Presentations 2016
Overhouse, Ashley
Presentation Title
Mexico’s emerging illegal groundwater market: The product of corruption and neoliberal regulations
Institution
University of California, Hastings College of the Law
Presentation
Profile Picture
Abstract
Mexico has limited freshwater resources, heavily relying on an extensive network of groundwater aquifers. In fact, groundwater resources have been the state’s buffer in the face of increasing urbanisation and explosion of the agricultural sector. Over the course of forty years, Mexico has instituted increasingly neoliberal water policies, resulting in over-drafted groundwater reserves and social differentiation. Dr.
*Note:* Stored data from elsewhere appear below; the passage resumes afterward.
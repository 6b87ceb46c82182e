-- ===== src/Runtime/Deadline/Waker.antt =====
-- deadline.rs: the polls of a signal and its one resolution, in any order.
use easycon_sdk.Common.{
  ℕ, ◌≡◌, refl, ◌==◌, Option, none, some, List, [], ◌∷◌, ◌++◌, ==_iff, Bool-cases, inl, inr,
}
use easycon_sdk.Runtime.Deadline.{
  DeadlineResolutionState, DeadlineOutcome, armed, poll_resolution, polled, commit_resolution,
}

pub data SignalCall : Type 0 where
  polls : (candidate : ℕ) → SignalCall
  resolves : DeadlineOutcome → SignalCall

-- The signal, the tasks that were woken, and what the polls answered, the first one first.
pub record Heard : Type 0 where
  pub signal : DeadlineResolutionState
  pub woken : List ℕ
  pub answers : List (Option DeadlineOutcome)

abbrev wake : Option (Option ℕ) → List ℕ
wake (some (some task)) = task ∷ []
wake _ = []

abbrev add_answer : Option DeadlineOutcome → Heard → Heard
add_answer a h = record h { answers = a ∷ h.answers }

abbrev add_woken : List ℕ → Heard → Heard
add_woken tasks h = record h { woken = tasks ++ h.woken }

unfoldable pub run_signal : List SignalCall → DeadlineResolutionState → Heard
unfolding poll_resolution commit_resolution
run_signal [] s = record { signal = s; woken = []; answers = [] }
run_signal (polls candidate ∷ calls) s =
    let (s', answer) = poll_resolution s candidate in
    add_answer (polled answer) (run_signal calls s')
run_signal (resolves outcome ∷ calls) s =
    let (s', notification) = commit_resolution s outcome in
    add_woken (wake notification) (run_signal calls s')

-- Once it is resolved every poll answers the outcome, and nobody is woken any more.
abbrev pub after_outcome : DeadlineOutcome → List SignalCall → Heard
after_outcome o [] = record {
  signal = record { outcome = some o; waker = none };
  woken = [];
  answers = [];
}
after_outcome o (polls candidate ∷ calls) = add_answer (some o) (after_outcome o calls)
after_outcome o (resolves outcome ∷ calls) = after_outcome o calls

-- Before that every poll is pending, and the task that polled last is woken by the resolution.
abbrev pub heard : Option ℕ → List SignalCall → Heard
heard last [] = record {
  signal = record { outcome = none; waker = last };
  woken = [];
  answers = [];
}
heard last (polls candidate ∷ calls) = add_answer none (heard (some candidate) calls)
heard last (resolves outcome ∷ calls) = add_woken (wake (some last)) (after_outcome outcome calls)

run-after_outcome :
    (o : DeadlineOutcome) (calls : List SignalCall)
    → run_signal calls (record { outcome = some o; waker = none }) ≡ after_outcome o calls
unfolding run_signal
run-after_outcome o [] = refl
run-after_outcome o (polls candidate ∷ calls) = rw (run-after_outcome o calls) refl
run-after_outcome o (resolves outcome ∷ calls) = rw (run-after_outcome o calls) refl

run-waiting :
    (last : Option ℕ) (calls : List SignalCall)
    → run_signal calls (record { outcome = none; waker = last }) ≡ heard last calls
unfolding run_signal
run-waiting last [] = refl
run-waiting last (resolves outcome ∷ calls) = rw (run-after_outcome outcome calls) refl
run-waiting none (polls candidate ∷ calls) = rw (run-waiting (some candidate) calls) refl
run-waiting (some task) (polls candidate ∷ calls) = elim (Bool-cases (task == candidate)) [
  | inl same ↦
      let e : task ≡ candidate = (==_iff task candidate).0 same in
      rw same (rw e (rw (run-waiting (some candidate) calls) refl))
  | inr other ↦ rw other (rw (run-waiting (some candidate) calls) refl)
]

-- Over any polls and resolutions of a new signal the first resolution is kept, wakes exactly the task that
-- polled last before it, and is the answer of every later poll; the earlier polls are pending.
pub run_signal-heard : (calls : List SignalCall) → run_signal calls armed ≡ heard none calls
run_signal-heard calls = run-waiting none calls
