-- ===== src/Runtime/Deadline/Tests.antt =====
-- deadline.rs: a few registrations.
use easycon_sdk.Common.{
  ℕ, ◌≡◌, refl, ◌==◌, true, false, Option, none, some, List, [], ◌∷◌, length, arith, if◌then◌else◌,
  ◌↔◌,
}
use easycon_sdk.Runtime.Deadline.{
  fired, disarmed, DeadlineSchedulerState, ScheduledDeadline, armed, collect_due, next_target_ns,
}
use easycon_sdk.Runtime.Deadline.Fire.{IsScheduled}
use easycon_sdk.Runtime.Deadline.Due.{Fires, collect_due-Fires}
use easycon_sdk.Runtime.Deadline.Next.{due_by, collect_due-next_target_ns}
use easycon_sdk.Runtime.Deadline.Waker.{
  SignalCall, polls, resolves, run_signal, heard, run_signal-heard,
}
use easycon_sdk.Runtime.Deadline.Scheduler.{
  new_scheduler, Call, take_id, admit, commit_one, fire_one, disarm_one, resolve_one, drain_one,
  step, run,
}
use easycon_sdk.Runtime.Deadline.Placed.{is_resolved}
use easycon_sdk.Runtime.Deadline.Resolved.{IsSound, run-IsSound}
use easycon_sdk.Runtime.Deadline.Drained.{resolve_all, run-resolve_all_outcome}
use easycon_sdk.Runtime.Deadline.Notify.{finish_fire, fired_with, finish_fire-wakers}

abbrev deadline : ℕ → ℕ → ScheduledDeadline
deadline target_ns trace_id = record { target_ns = target_ns; trace_id = trace_id }

-- Two entries, a pending deadline between them, and a stale pair in front.
abbrev three_deadlines : DeadlineSchedulerState
three_deadlines = record {
  admission_open = true;
  pending = (3, record { target_ns = 20 }) ∷ [];
  entries = (4, deadline 30 8) ∷ (2, deadline 10 9) ∷ [];
  queue = (5, 1) ∷ (10, 2) ∷ (30, 4) ∷ [];
}

-- The pending one holds the last back, though it is due.
fires_first : (collect_due three_deadlines 50).1 ≡ (2, deadline 10 9) ∷ []
unfolding collect_due
fires_first = refl

three_deadlines-IsScheduled : IsScheduled three_deadlines
three_deadlines-IsScheduled = record {
  unique = λ k. ground arith;
  sorted = ground arith;
  covered = λ k e found. ground arith;
}

collect_due-Fires_example :
    Fires 50 three_deadlines (collect_due three_deadlines 50).0 (collect_due three_deadlines 50).1
collect_due-Fires_example = collect_due-Fires 50 three_deadlines three_deadlines-IsScheduled

collect_due-next_target_ns_example :
    (length (collect_due three_deadlines 12).1 ≡ 0)
    ↔ (due_by (next_target_ns three_deadlines).1 12 ≡ false)
collect_due-next_target_ns_example = collect_due-next_target_ns 12 three_deadlines

abbrev signal_calls : List SignalCall
signal_calls =
    polls 1
    ∷ polls 2
    ∷ resolves (record { resolution = fired; order = 7 })
    ∷ polls 1
    ∷ resolves (record { resolution = disarmed; order = 8 })
    ∷ []

run_signal-heard_example : run_signal signal_calls armed ≡ heard none signal_calls
run_signal-heard_example = run_signal-heard signal_calls

-- One deadline fires while its owner disarms it, the other waits for the close.
abbrev some_calls : List Call
some_calls =
    take_id 10
    ∷ take_id 90
    ∷ admit 2
    ∷ admit 1
    ∷ commit_one 1 5
    ∷ fire_one 50
    ∷ disarm_one 1
    ∷ resolve_one 1
    ∷ commit_one 2 6
    ∷ []

run-IsSound_example : IsSound 0 (run some_calls new_scheduler)
run-IsSound_example = run-IsSound some_calls (omega arith)

run-resolve_all_outcome_example :
    let closed = run (disarm_one 2 ∷ []) (step drain_one (run some_calls new_scheduler)) in
    is_resolved (run (resolve_all closed.handed) closed) 2 ≡ true
unfolding run step collect_due
run-resolve_all_outcome_example =
    run-resolve_all_outcome some_calls (disarm_one 2 ∷ []) 2 (omega arith) refl refl refl

abbrev panicking : ℕ → Option ℕ
panicking task = if task == 2 then some 9 else none

finish_fire-wakers_example :
    let end =
      finish_fire panicking panicking (some 2 ∷ none ∷ some 3 ∷ []) ((2, deadline 10 9) ∷ []) in
    (end.woken ≡ 2 ∷ 3 ∷ []) × (end.result ≡ fired_with (some 9) 1)
finish_fire-wakers_example =
    finish_fire-wakers panicking panicking (some 2 ∷ none ∷ some 3 ∷ []) ((2, deadline 10 9) ∷ [])
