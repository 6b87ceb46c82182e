-- ===== src/Settlement/Tests.antt =====
-- transport.rs: the laws of the settlement gate at concrete calls.
use easycon_sdk.Common.{◌≡◌, true, List, [], ◌∷◌, none, some}
use easycon_sdk.Model.Error.{EasyConError, new_error, io, transport}
use easycon_sdk.Settlement.{
  Outcome, full_accepted, settled, Gate, Call, mark, reserve_full, begin_failure, publish, clean,
  run,
}
use easycon_sdk.Settlement.Runs.{observed, told, run-told}

abbrev unplugged : EasyConError
unplugged = new_error io transport "device unplugged"

-- The last byte is accepted, and a cleanup fails afterwards.
abbrev accepted_then_failed : List Call
accepted_then_failed =
    mark ∷ reserve_full ∷ begin_failure ∷ clean unplugged ∷ publish 70 ∷ clean unplugged ∷ []

abbrev accepted_gate : Gate (List Outcome)
accepted_gate = record {
  phase = settled;
  outcome = some full_accepted;
  accepted_at_ns = some 70;
  dispatch_reservation = none;
  full_reservation = none;
  hook = none;
}

run-told_example :
    let (g, log) = run accepted_then_failed (observed true true) [] in log ≡ told g.outcome
run-told_example = run-told true true accepted_then_failed
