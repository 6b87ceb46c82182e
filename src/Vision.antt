-- ===== src/Vision.antt =====
-- crates/easycon-vision/src: images, labels and the pool of native workers. A u32 is below 2 ^ 32, a u64
-- and a usize below 2 ^ 64. The native library is a parameter.
pub mod Error
pub mod Image
pub mod Pool
pub mod Label
use easycon_sdk.Common.{String}

-- `internal_kind` is the source's `ImageErrorKind::Internal`.
pub data ImageErrorKind : Type 0 where
  invalid_argument_kind out_of_range overflow resource_exhausted invalid_image native_kind
        internal_kind :
      ImageErrorKind

-- `ImageError::new`; the native error behind it is left out.
pub record ImageError : Type 0 where
  pub kind : ImageErrorKind
  pub message : String

pub data ImageResult (A : Type 0) : Type 0 where
  ok_image : A → ImageResult A
  err_image : ImageError → ImageResult A

-- An early return of an error.
abbrev pub fail_image : {A : Type 0} → ImageErrorKind → String → ImageResult A
fail_image k m = err_image (record { kind = k; message = m })
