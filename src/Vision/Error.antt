-- ===== src/Vision/Error.antt =====
-- error.rs: the errors of the vision crate. The native error behind an error and the `Display` output are
-- left out.
use easycon_sdk.Common.{String}
use easycon_sdk.Model.Error.{
  ErrorCode, runtime_closing, deadline_exceeded, cancelled, invalid_argument,
}
use easycon_sdk.Vision.{
  ImageErrorKind, invalid_argument_kind, out_of_range, overflow, resource_exhausted, invalid_image,
  native_kind, internal_kind, ImageError,
}

pub data VisionErrorKind : Type 0 where
  validation_error limit_error no_frame closed faulted cancelled_error deadline_error
        invalid_image_error model_not_found backend_unavailable native_error pool_closed_error
        internal_error :
      VisionErrorKind

pub record VisionError : Type 0 where
  pub kind : VisionErrorKind
  pub message : String

-- `VisionError::new`.
abbrev pub new_vision_error : VisionErrorKind → String → VisionError
new_vision_error k m = record { kind = k; message = m }

abbrev pub reclassify : VisionError → VisionErrorKind → VisionError
reclassify e k = record e { kind = k }

-- The kind that `from_runtime` makes of a code.
abbrev pub kind_of_code : ErrorCode → VisionErrorKind
kind_of_code runtime_closing = closed
kind_of_code deadline_exceeded = deadline_error
kind_of_code cancelled = cancelled_error
kind_of_code invalid_argument = validation_error
kind_of_code _ = internal_error

abbrev kind_of_image : ImageErrorKind → VisionErrorKind
kind_of_image invalid_argument_kind = validation_error
kind_of_image out_of_range = limit_error
kind_of_image overflow = limit_error
kind_of_image resource_exhausted = limit_error
kind_of_image invalid_image = invalid_image_error
kind_of_image native_kind = native_error
kind_of_image internal_kind = internal_error

-- `From<ImageError>`.
abbrev pub from_image_error : ImageError → VisionError
from_image_error e = new_vision_error (kind_of_image e.kind) e.message

-- `Result<T, VisionError>`.
pub data VisionResult (A : Type 0) : Type 0 where
  ok_vision : A → VisionResult A
  err_vision : VisionError → VisionResult A

abbrev pub fail_vision : {A : Type 0} → VisionErrorKind → String → VisionResult A
fail_vision k m = err_vision (new_vision_error k m)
Nadine Reis has conducted extensive research in the arid Valley of Toluca, concluding that there is a complex hydrological nexus of government actors, private developers and the agricultural sector. This nexus revolves around the regulation limiting public access to groundwater, which in turn has led to the illegal transfers of water rights from small farmers to private developers with minimal legal consequences.In light of Dr. Reis’ case study, this paper proposes that Mexico’s regulations and lack of enforcement will create a state-wide market of illegal transfers of groundwater rights. Without complete water management reform, Mexico will institutionalize groundwater exploitation, and in turn, encapsulate the unsustainable neoliberal approach to groundwater management by generating a state-wide water crisis.